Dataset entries
|---|

-- ===== src/Mint/Onchain/Signing.antt =====
-- The signing of the mint's transactions in picomint-node-daemon/src/consensus/onchain/mod.rs: the log of
-- nonces, the sessions that it is cut into, and the signature shares.
use picomint.Prelude.{
  ℕ, zero, suc, ◌+◌, ◌-◌, ◌*◌, ◌/◌, Bool, true, false, not, Option, none, some, List, [], ◌∷◌, map,
  length, take, drop, count, get_elem?, ltb, ◌==◌, if◌then◌else◌, ◌>>=◌,
}
use picomint.Collections.BTreeMap
use picomint.Collections.BTreeMap.{BTreeMap, values}
use picomint.Nodes.{NumNodes, threshold}
use picomint.Mint.Amounts.{u64}
use picomint.Mint.Ledger.{Result, ok, err}
use picomint.Mint.Onchain.Values.{
  TxIn, TxOut, SpentTxOut, MintTx, NonceEntry, Wallet, OnchainConsensusItem, nonces,
  signature_shares, Bitcoin, tweak_public_key, tweaked_script_pubkey, txid_of_tx,
}

-- The threshold signatures of picomint-tss.
pub record Tss : Type 0 where
  -- message, signer, key share, signature share, nonces of the session, aggregate key
  pub verify_signature_share : ℕ → ℕ → ℕ → ℕ → BTreeMap ℕ → ℕ → Bool
  -- message, nonces of the session, shares, aggregate key
  pub aggregate_signature_shares : ℕ → BTreeMap ℕ → BTreeMap ℕ → ℕ → ℕ
  -- message, signature, aggregate key
  pub verify : ℕ → ℕ → ℕ → Bool
  -- message, secret key share, secret nonce, nonces of the session, own index, aggregate key
  pub sign_share : ℕ → ℕ → ℕ → BTreeMap ℕ → ℕ → ℕ → ℕ
  -- secret key share, txid, generation, input
  pub derive_nonce : ℕ → ℕ → ℕ → ℕ → ℕ
  pub derive_public_nonce : ℕ → ℕ
  pub add_tweak : ℕ → ℕ → Option ℕ

-- What `Server` holds for the module.
pub record Server : Type 0 where
  pub n : NumNodes
  pub identity : ℕ
  pub agg_pk : ℕ
  pub pks : BTreeMap ℕ
  pub sks : ℕ

-- The errors of `process_consensus_item`.
pub data ItemError : Type 0 where
  wrong_height : ItemError
  already_voted : ItemError
  redundant_feerate : ItemError
  no_unsigned_tx : ItemError
  wrong_txid : ItemError
  wrong_number_of_nonces : ItemError
  redundant_nonces : ItemError
  wrong_number_of_shares : ItemError
  no_nonce_entry : ItemError
  session_forming : ItemError
  invalid_share : ItemError
  duplicate_shares : ItemError

-- `iter_rev(..).next().map_or(0, |entry| entry.0 + 1)`
unfoldable pub next_index : {V : Type 0} → BTreeMap V → ℕ
next_index [] = 0
next_index ((k, v) ∷ []) = u64 (k + 1)
next_index (e ∷ x ∷ m) = next_index (x ∷ m)

-- The index of the last entry of a node.
unfoldable pub latest_entry : ℕ → BTreeMap NonceEntry → Option ℕ
latest_entry node [] = none
latest_entry node ((k, e) ∷ log) = elim (latest_entry node log) [
  | some later ↦ some later
  | none ↦ if e.node == node then some k else none
]

-- `all(|entry| entry.1.0 != node)`
abbrev pub has_no_entry : ℕ → BTreeMap NonceEntry → Bool
has_no_entry node log = elim (latest_entry node log) [ none ↦ true | some _ ↦ false ]

-- The entries of a session.
abbrev pub session_chunk : ℕ → ℕ → BTreeMap NonceEntry → List NonceEntry
session_chunk t session log = values (BTreeMap.range (session * t) ((session + 1) * t) log)

-- `collect` into a map, from `column` on. `none` is a failed `expect`.
unfoldable pub nonce_column_from : List NonceEntry → ℕ → BTreeMap ℕ → Option (BTreeMap ℕ)
nonce_column_from [] index column = some column
nonce_column_from (entry ∷ chunk) index column = get_elem? entry.nonces index >>= λ nonce.
    nonce_column_from chunk index (BTreeMap.insert entry.node nonce column)

abbrev pub nonce_column : List NonceEntry → ℕ → Option (BTreeMap ℕ)
nonce_column chunk index = nonce_column_from chunk index []

unfoldable pub process_nonces : Bitcoin → Wallet → ℕ → ℕ → List ℕ → Result ItemError Wallet
process_nonces bitcoin w node txid public_nonces = elim w.unsigned_tx [
  | none ↦ err no_unsigned_tx
  | some unsigned ↦
      if not (txid_of_tx bitcoin unsigned.tx == txid)
      then err wrong_txid
      else if not (length public_nonces == length unsigned.spent_tx_outs)
      then err wrong_number_of_nonces
      else if not (has_no_entry node w.nonce_log)
      then err redundant_nonces
      else ok (record w {
        nonce_log =
            BTreeMap.insert (next_index w.nonce_log)
              (record { node = node; nonces = public_nonces }) w.nonce_log;
      })
]

module _ (bitcoin : Bitcoin) (tss : Tss) (server : Server) where
  -- `script_pubkey`
  abbrev pub script_pubkey : ℕ → ℕ
  script_pubkey tweak = tweaked_script_pubkey bitcoin server.agg_pk tweak

  abbrev pub tweaked_agg_pk : ℕ → ℕ
  tweaked_agg_pk tweak = tweak_public_key bitcoin server.agg_pk tweak

  -- `none` is a failed `expect`.
  abbrev pub tweaked_pks : ℕ → ℕ → Option ℕ
  tweaked_pks node tweak =
      BTreeMap.get node server.pks >>= λ pks. some (tweak_public_key bitcoin pks tweak)

  -- `none` is a failed `expect`.
  abbrev pub tweaked_sks : ℕ → Option ℕ
  tweaked_sks tweak = tss.add_tweak server.sks tweak

  abbrev pub prevouts : List SpentTxOut → List TxOut
  prevouts [] = []
  prevouts (utxo ∷ utxos) =
      record { value = utxo.value; script_pubkey = script_pubkey utxo.tweak } ∷ prevouts utxos

  -- The hashes of the inputs from an index on. `none` is a failed `expect`.
  unfoldable pub sighashes_from : MintTx → ℕ → ℕ → Option (List ℕ)
  sighashes_from unsigned index zero = some []
  sighashes_from unsigned index (suc left) =
      bitcoin.taproot_key_spend_signature_hash unsigned.tx index (prevouts unsigned.spent_tx_outs)
      >>= λ msg. sighashes_from unsigned (index + 1) left >>= λ msgs. some (msg ∷ msgs)

  abbrev pub sighashes : MintTx → Option (List ℕ)
  sighashes unsigned = sighashes_from unsigned 0 (length unsigned.spent_tx_outs)

  -- The loop over the inputs in `process_signature_shares`.
  unfoldable pub verify_shares :
      ℕ → List NonceEntry → ℕ → List SpentTxOut → List ℕ → List ℕ → Option Bool
  verify_shares node chunk index [] msgs shares = some true
  verify_shares node chunk index (utxo ∷ utxos) [] shares = some true
  verify_shares node chunk index (utxo ∷ utxos) (msg ∷ msgs) [] = some true
  verify_shares node chunk index (utxo ∷ utxos) (msg ∷ msgs) (share ∷ shares) =
      tweaked_pks node utxo.tweak >>= λ pks. nonce_column chunk index >>= λ column.
      elim (tss.verify_signature_share msg node pks share column (tweaked_agg_pk utxo.tweak)) [
        | false ↦ some false
        | true ↦ verify_shares node chunk (index + 1) utxos msgs shares
      ]

  -- The shares of one input by signer, collected from `column` on.
  unfoldable pub share_column_from :
      List NonceEntry → List (List ℕ) → ℕ → BTreeMap ℕ → Option (BTreeMap ℕ)
  share_column_from [] responses index column = some column
  share_column_from (entry ∷ chunk) [] index column = some column
  share_column_from (entry ∷ chunk) (response ∷ responses) index column =
      get_elem? response index >>= λ share.
      share_column_from chunk responses index (BTreeMap.insert entry.node share column)

  -- The loop of `finalize_tx`: the inputs with their witnesses.
  unfoldable pub finalize_inputs :
      List NonceEntry
      → List (List ℕ)
      → ℕ
      → List SpentTxOut
      → List ℕ
      → List TxIn
      → Option (List TxIn)
  finalize_inputs chunk responses index [] msgs inputs = some inputs
  finalize_inputs chunk responses index (utxo ∷ utxos) [] inputs = some inputs
  finalize_inputs chunk responses index (utxo ∷ utxos) (msg ∷ msgs) [] = none
  finalize_inputs chunk responses index (utxo ∷ utxos) (msg ∷ msgs) (input ∷ inputs) =
      share_column_from chunk responses index [] >>= λ shares.
      nonce_column chunk index >>= λ column.
      let agg_pk = tweaked_agg_pk utxo.tweak in
      let signature = tss.aggregate_signature_shares msg column shares agg_pk in
      if not (tss.verify msg signature agg_pk)
      then none
      else finalize_inputs chunk responses (index + 1) utxos msgs inputs >>= λ rest.
          some (record input { witness = some signature } ∷ rest)

  unfoldable pub finalize_tx : MintTx → List NonceEntry → List (List ℕ) → Option MintTx
  finalize_tx mint_tx chunk responses =
      if not (length mint_tx.spent_tx_outs == length mint_tx.tx.input)
      then none
      else sighashes mint_tx >>= λ msgs.
          finalize_inputs chunk responses 0 mint_tx.spent_tx_outs msgs mint_tx.tx.input
          >>= λ inputs. some (record mint_tx { tx = record (mint_tx.tx) { input = inputs } })

  -- What follows shares that are valid: they are stored, the node enters the log again, and a session
  -- with a response to each of its entries signs the transaction.
  unfoldable pub store_shares :
      Wallet → MintTx → ℕ → ℕ → List ℕ → List ℕ → ℕ → Option (Result ItemError Wallet)
  store_shares w unsigned node txid shares fresh_nonces latest =
      let t = threshold server.n in
      let session = latest / t in
      let chunk = session_chunk t session w.nonce_log in
      let all_shares = BTreeMap.insert latest shares w.shares in
      let responses = values (BTreeMap.range (session * t) ((session + 1) * t) all_shares) in
      let log =
        BTreeMap.insert (next_index w.nonce_log) (record { node = node; nonces = fresh_nonces })
          w.nonce_log in
      elim (BTreeMap.get latest w.shares) [
        | some _ ↦ some (err duplicate_shares)
        | none ↦
            if length responses == t
            then (finalize_tx unsigned chunk responses >>= λ signed. some (
                ok (record w {
                  unsigned_tx = none;
                  nonce_log = [];
                  shares = [];
                  unconfirmed = BTreeMap.insert txid signed w.unconfirmed;
                })))
            else some (ok (record w { nonce_log = log; shares = all_shares }))
      ]

  -- `none` is a failed `expect` or assertion.
  unfoldable pub process_signature_shares :
      Wallet → ℕ → ℕ → List ℕ → List ℕ → Option (Result ItemError Wallet)
  process_signature_shares w node txid shares fresh_nonces = elim w.unsigned_tx [
    | none ↦ some (err no_unsigned_tx)
    | some unsigned ↦
        let t = threshold server.n in
        if not (txid_of_tx bitcoin unsigned.tx == txid)
        then some (err wrong_txid)
        else if not (length shares == length unsigned.spent_tx_outs)
        then some (err wrong_number_of_shares)
        else if not (length fresh_nonces == length unsigned.spent_tx_outs)
        then some (err wrong_number_of_nonces)
        else elim (latest_entry node w.nonce_log) [
          | none ↦ some (err no_nonce_entry)
          | some latest ↦
              let chunk = session_chunk t (latest / t) w.nonce_log in
              if not (length chunk == t)
              then some (err session_forming)
              else sighashes unsigned >>= λ msgs.
                  verify_shares node chunk 0 unsigned.spent_tx_outs msgs shares >>= λ valid.
                  if not valid
                  then some (err invalid_share)
                  else store_shares w unsigned node txid shares fresh_nonces latest
        ]
  ]

  -- `derive_secret_nonces`
  unfoldable pub secret_nonces_from : ℕ → ℕ → ℕ → ℕ → List ℕ
  secret_nonces_from txid generation input zero = []
  secret_nonces_from txid generation input (suc left) =
      tss.derive_nonce server.sks txid generation input
      ∷ secret_nonces_from txid generation (input + 1) left

  abbrev pub derive_secret_nonces : ℕ → ℕ → ℕ → List ℕ
  derive_secret_nonces txid generation inputs = secret_nonces_from txid generation 0 inputs

  -- `sign_tx`, from an index on.
  unfoldable pub sign_tx_from :
      List NonceEntry → ℕ → List SpentTxOut → List ℕ → List ℕ → Option (List ℕ)
  sign_tx_from chunk index [] msgs secrets = some []
  sign_tx_from chunk index (utxo ∷ utxos) [] secrets = some []
  sign_tx_from chunk index (utxo ∷ utxos) (msg ∷ msgs) [] = some []
  sign_tx_from chunk index (utxo ∷ utxos) (msg ∷ msgs) (secret ∷ secrets) =
      tweaked_sks utxo.tweak >>= λ sks. nonce_column chunk index >>= λ column.
      sign_tx_from chunk (index + 1) utxos msgs secrets >>= λ rest.
      some (tss.sign_share msg sks secret column server.identity (tweaked_agg_pk utxo.tweak) ∷ rest)

  -- `none` is a failed `expect`, `some none` no item.
  unfoldable pub signing_session_proposal : Wallet → Option (Option OnchainConsensusItem)
  signing_session_proposal w = elim w.unsigned_tx [
    | none ↦ some none
    | some unsigned ↦
        let t = threshold server.n in
        let txid = txid_of_tx bitcoin unsigned.tx in
        let inputs = length unsigned.spent_tx_outs in
        elim (latest_entry server.identity w.nonce_log) [
          | none ↦ some (
              some (nonces txid (map tss.derive_public_nonce (derive_secret_nonces txid 0 inputs))))
          | some latest ↦
              let chunk = take t (drop (latest / t * t) (values w.nonce_log)) in
              if ltb (length chunk) t
              then some none
              else let generation =
                  count (λ (e : ℕ × NonceEntry). e.1.node == server.identity) w.nonce_log - 1 in
                sighashes unsigned >>= λ msgs.
                sign_tx_from chunk 0 unsigned.spent_tx_outs msgs
                  (derive_secret_nonces txid generation inputs)
                >>= λ shares. some (
                    some (
                      signature_shares txid shares (
                        map tss.derive_public_nonce
                          (derive_secret_nonces txid (generation + 1) inputs))))
        ]
  ]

|---|

— Your task —
Which of the lines in the data hold the string "elim"? Report each of them by copying it.

— Expected output —
latest_entry node ((k, e) ∷ log) = elim (latest_entry node log) [
has_no_entry node log = elim (latest_entry node log) [ none ↦ true | some _ ↦ false ]
process_nonces bitcoin w node txid public_nonces = elim w.unsigned_tx [
      elim (tss.verify_signature_share msg node pks share column (tweaked_agg_pk utxo.tweak)) [
      elim (BTreeMap.get latest w.shares) [
  process_signature_shares w node txid shares fresh_nonces = elim w.unsigned_tx [
        else elim (latest_entry node w.nonce_log) [
  signing_session_proposal w = elim w.unsigned_tx [
        elim (latest_entry server.identity w.nonce_log) [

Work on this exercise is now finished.